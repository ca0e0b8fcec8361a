-- ===== src/Actor/Registry/Insert.antt =====
-- `sta_registry_register` as an update of the map from ids to actors.
use native.Mathlib.Nat.{mod-lt}
use smalltalk_a_vm.Prelude.{
  ℕ, ◌+◌, ◌-◌, ◌*◌, ◌<◌, ◌≡◌, ◌≢◌, refl, sym, ap, ◌∙◌, subst, arith, true, false, some, length, ◌⊎◌,
  inl, inr,
}
use smalltalk_a_vm.Prelude.Words.{u32_max}
use smalltalk_a_vm.Probe.{seek, Absent, Reaches, ring_pos, slot_at, stops_at}
use smalltalk_a_vm.Probe.Seek.{Passes, seek_sound}
use smalltalk_a_vm.Probe.Ring.{start_mask}
use smalltalk_a_vm.Probe.Find.{find_cases}
use smalltalk_a_vm.Actor.Registry.{
  Registry, entry_empty, entry_tombstone, register_loop, register_at, insert_into,
}
use smalltalk_a_vm.Actor.Registry.Slot.{slots}
use smalltalk_a_vm.Actor.Registry.Invariant.{IsValid, room}
use smalltalk_a_vm.Actor.Registry.Register.{Passed, register_loop_lem}
use smalltalk_a_vm.Actor.Registry.Update.{Updated, replaced, appended, recycled}

module _ (reg : Registry) (id actor : ℕ) (v : IsValid reg)
    (slack : reg.used * 10 < reg.capacity * 7) (not_empty : id ≢ entry_empty)
    (not_tombstone : id ≢ entry_tombstone) where
  -- Where the loop stops, whatever tombstone it remembers.
  stopped :
      (p d tomb : ℕ)
      → p < length reg.entries
      → Reaches slots reg.entries id p
      → (((slots.holds id (slot_at slots reg.entries p)) ≡ true)
          ⊎ ((slots.occupied (slot_at slots reg.entries p) ≡ false) × Absent slots reg.entries id))
      → d < reg.capacity
      → Passes (stops_at slots id) (slot_at slots reg.entries) (ring_pos slots reg.capacity id) 0 d
      → Passed reg id d tomb
      → Updated reg id actor (register_at reg id actor p tomb)
  stopped p d tomb inside r (inl h) d_in before t =
      replaced reg id actor v not_empty not_tombstone p tomb inside r (ground arith)
  stopped p d tomb inside r (inr (f, absent)) d_in before (inl m) =
      subst (λ m. Updated reg id actor (register_at reg id actor p m)) (sym m)
        (appended reg id actor v not_empty not_tombstone p slack inside r absent (ground arith))
  stopped p d tomb inside r (inr (f, absent)) d_in before (inr (d', a, at, h)) =
      let bound : ring_pos slots reg.capacity id d' < reg.capacity =
        mod-lt (id + d') {m = reg.capacity} (omega arith) in
      recycled reg id actor v not_empty not_tombstone p tomb (omega arith) (omega (arith, v.sized))
        (d', omega (arith, v.sized), at ∙ ap (λ n. ring_pos slots n id d') (sym v.sized), clear)
        absent (ground arith) h
    where
      clear :
          (j : ℕ)
          → j < d'
          → slots.occupied (slot_at slots reg.entries (ring_pos slots (length reg.entries) id j))
            ≡ true
      clear j b = rw v.sized (ground (arith, before j (omega arith) (omega arith)))

  pub insert_into-Updated :
      (reg' : Registry) × (insert_into reg id actor ≡ some reg') × Updated reg id actor reg'
  unfolding insert_into
  insert_into-Updated =
      let (e, c) = v.power in
      let (p, found, inside, r, split) = find_cases slots reg.entries id v.probed (room v) in
      let found' =
        ap (λ n. seek (stops_at slots id) (slot_at slots reg.entries) (ring_pos slots n id) n 0)
          (sym v.sized)
        ∙ found in
      let (d, _, d_in, at, stop, before) =
        seek_sound (stops_at slots id) (slot_at slots reg.entries) (ring_pos slots reg.capacity id)
          reg.capacity 0 p found' in
      let stop' = subst (λ q. stops_at slots id (slot_at slots reg.entries q) ≡ true) at stop in
      let (tomb, t, ends) =
        register_loop_lem reg e id actor c (omega arith) not_empty not_tombstone reg.capacity 0 d
          u32_max (omega arith) d_in stop' before (inl refl) in
      (
        register_at reg id actor p tomb,
        ap (λ i. register_loop reg (reg.capacity - 1) id actor reg.capacity i u32_max)
              (start_mask e reg.capacity id c)
            ∙ ends
            ∙ ap (λ q. some (register_at reg id actor q tomb)) (sym at),
        stopped p d tomb inside r split (omega arith) before t,
      )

Requirement.
The expected answer is a copy of each line in the records that holds the word "appended".

Response below.
use smalltalk_a_vm.Actor.Registry.Update.{Updated, replaced, appended, recycled}
        (appended reg id actor v not_empty not_tombstone p slack inside r absent (ground arith))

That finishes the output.